*Goal of the exercise*
Repeat exactly, and only, the lines below starting at the line that contains "ss) ≡ ok log)" and ending at the line that contains "let chain : Chain", inclusive of both.

━━━ Input for this task

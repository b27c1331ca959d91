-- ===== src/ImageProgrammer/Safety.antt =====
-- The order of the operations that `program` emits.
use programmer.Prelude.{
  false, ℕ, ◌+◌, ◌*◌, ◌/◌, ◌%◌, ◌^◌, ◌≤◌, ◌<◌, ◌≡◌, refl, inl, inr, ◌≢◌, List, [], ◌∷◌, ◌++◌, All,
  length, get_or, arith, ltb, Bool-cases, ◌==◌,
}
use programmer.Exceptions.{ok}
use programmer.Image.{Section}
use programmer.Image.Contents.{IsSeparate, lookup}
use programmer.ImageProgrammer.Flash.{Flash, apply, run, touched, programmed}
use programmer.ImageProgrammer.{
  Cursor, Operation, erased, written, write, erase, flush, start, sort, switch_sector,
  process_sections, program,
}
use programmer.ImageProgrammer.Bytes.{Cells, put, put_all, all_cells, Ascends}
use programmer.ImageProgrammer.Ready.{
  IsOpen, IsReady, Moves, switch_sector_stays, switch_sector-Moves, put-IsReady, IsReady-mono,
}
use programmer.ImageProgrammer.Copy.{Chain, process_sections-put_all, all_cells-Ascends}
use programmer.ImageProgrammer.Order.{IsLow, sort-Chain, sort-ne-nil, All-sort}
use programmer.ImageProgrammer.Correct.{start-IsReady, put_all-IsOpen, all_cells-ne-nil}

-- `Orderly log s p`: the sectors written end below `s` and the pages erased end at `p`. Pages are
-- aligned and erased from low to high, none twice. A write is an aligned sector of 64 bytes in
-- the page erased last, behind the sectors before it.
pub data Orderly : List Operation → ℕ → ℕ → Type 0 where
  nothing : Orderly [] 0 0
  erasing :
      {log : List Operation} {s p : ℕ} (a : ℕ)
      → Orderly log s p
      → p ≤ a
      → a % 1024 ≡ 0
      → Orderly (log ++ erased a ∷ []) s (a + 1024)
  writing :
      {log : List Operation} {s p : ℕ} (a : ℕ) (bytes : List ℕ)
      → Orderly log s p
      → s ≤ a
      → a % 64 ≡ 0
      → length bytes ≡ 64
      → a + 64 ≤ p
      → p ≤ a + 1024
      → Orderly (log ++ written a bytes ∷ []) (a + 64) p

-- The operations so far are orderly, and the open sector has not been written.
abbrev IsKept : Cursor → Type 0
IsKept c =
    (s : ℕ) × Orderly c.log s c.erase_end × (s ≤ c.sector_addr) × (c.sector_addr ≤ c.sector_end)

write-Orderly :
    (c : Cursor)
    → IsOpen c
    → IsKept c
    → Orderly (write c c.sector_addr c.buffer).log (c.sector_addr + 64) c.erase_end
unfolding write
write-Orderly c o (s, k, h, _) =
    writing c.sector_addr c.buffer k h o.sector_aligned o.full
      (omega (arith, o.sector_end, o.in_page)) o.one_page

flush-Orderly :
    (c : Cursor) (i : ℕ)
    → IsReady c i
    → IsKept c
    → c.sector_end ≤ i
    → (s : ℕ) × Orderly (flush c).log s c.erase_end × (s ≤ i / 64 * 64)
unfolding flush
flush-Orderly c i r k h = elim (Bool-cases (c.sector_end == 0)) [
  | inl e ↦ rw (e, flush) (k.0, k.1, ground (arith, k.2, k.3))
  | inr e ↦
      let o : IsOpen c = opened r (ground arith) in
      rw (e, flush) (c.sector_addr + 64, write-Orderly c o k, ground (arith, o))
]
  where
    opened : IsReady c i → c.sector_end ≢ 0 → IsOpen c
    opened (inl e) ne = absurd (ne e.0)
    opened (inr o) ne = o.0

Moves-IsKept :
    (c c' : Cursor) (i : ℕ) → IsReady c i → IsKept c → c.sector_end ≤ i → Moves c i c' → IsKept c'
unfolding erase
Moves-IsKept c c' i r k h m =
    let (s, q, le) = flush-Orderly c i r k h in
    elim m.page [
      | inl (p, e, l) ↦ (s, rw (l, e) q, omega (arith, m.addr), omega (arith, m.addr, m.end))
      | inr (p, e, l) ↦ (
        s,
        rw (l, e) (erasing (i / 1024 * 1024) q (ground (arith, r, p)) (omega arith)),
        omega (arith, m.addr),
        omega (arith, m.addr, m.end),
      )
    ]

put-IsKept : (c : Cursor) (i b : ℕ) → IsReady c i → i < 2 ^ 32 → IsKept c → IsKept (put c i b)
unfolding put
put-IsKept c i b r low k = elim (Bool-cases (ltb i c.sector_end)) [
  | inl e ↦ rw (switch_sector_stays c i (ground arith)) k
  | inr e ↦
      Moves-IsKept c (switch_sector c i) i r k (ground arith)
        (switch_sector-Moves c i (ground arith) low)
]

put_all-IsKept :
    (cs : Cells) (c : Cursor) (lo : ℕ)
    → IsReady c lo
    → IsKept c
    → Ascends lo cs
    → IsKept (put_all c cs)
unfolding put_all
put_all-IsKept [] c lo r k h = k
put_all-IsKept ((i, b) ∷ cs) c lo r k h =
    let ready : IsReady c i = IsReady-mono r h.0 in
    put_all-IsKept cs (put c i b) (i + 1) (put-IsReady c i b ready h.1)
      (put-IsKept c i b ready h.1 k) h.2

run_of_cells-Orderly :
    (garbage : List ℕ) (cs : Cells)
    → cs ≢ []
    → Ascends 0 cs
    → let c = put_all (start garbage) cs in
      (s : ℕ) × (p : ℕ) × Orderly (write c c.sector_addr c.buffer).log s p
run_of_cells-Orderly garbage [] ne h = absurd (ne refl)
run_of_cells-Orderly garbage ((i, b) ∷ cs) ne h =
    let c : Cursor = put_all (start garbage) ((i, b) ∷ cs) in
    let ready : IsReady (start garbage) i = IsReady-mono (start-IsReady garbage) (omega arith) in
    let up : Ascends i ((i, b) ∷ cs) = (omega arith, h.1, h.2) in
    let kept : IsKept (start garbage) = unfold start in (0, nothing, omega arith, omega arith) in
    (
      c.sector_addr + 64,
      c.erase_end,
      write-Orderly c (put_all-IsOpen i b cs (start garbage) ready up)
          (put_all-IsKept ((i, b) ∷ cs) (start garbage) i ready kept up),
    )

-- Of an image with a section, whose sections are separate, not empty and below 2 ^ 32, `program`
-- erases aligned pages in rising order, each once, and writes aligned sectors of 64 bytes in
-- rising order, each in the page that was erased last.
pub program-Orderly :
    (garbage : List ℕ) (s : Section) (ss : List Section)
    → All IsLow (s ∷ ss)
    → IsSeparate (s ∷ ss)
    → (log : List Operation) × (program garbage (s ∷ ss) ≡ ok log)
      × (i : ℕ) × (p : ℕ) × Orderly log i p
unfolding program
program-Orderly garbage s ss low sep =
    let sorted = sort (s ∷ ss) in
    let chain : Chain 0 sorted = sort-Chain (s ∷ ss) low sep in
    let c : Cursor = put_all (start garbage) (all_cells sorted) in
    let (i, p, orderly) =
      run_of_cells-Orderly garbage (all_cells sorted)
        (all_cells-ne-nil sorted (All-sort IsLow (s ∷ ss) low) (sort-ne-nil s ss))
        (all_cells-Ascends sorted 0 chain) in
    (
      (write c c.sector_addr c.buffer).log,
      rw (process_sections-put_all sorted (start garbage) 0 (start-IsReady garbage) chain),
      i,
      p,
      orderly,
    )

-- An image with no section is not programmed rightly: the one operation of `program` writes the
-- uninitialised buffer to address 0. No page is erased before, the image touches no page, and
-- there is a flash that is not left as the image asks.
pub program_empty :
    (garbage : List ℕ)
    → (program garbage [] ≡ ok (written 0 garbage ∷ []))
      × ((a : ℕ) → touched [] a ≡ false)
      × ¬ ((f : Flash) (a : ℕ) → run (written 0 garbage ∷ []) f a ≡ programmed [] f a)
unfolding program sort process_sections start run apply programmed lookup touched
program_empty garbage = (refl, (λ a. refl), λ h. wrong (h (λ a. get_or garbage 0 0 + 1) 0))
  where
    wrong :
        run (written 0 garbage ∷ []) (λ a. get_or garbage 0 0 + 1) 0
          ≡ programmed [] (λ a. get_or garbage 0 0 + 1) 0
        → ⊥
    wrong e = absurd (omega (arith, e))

━━━━━━
━━━ Input for this task

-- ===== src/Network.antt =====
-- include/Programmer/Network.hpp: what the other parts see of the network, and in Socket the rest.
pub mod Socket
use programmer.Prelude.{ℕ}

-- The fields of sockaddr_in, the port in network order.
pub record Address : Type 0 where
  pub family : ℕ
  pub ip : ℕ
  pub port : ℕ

━━━━━━

*Output of the task*
    → (log : List Operation) × (program garbage (s ∷ ss) ≡ ok log)
      × (i : ℕ) × (p : ℕ) × Orderly log i p
unfolding program
program-Orderly garbage s ss low sep =
    let sorted = sort (s ∷ ss) in
    let chain : Chain 0 sorted = sort-Chain (s ∷ ss) low sep in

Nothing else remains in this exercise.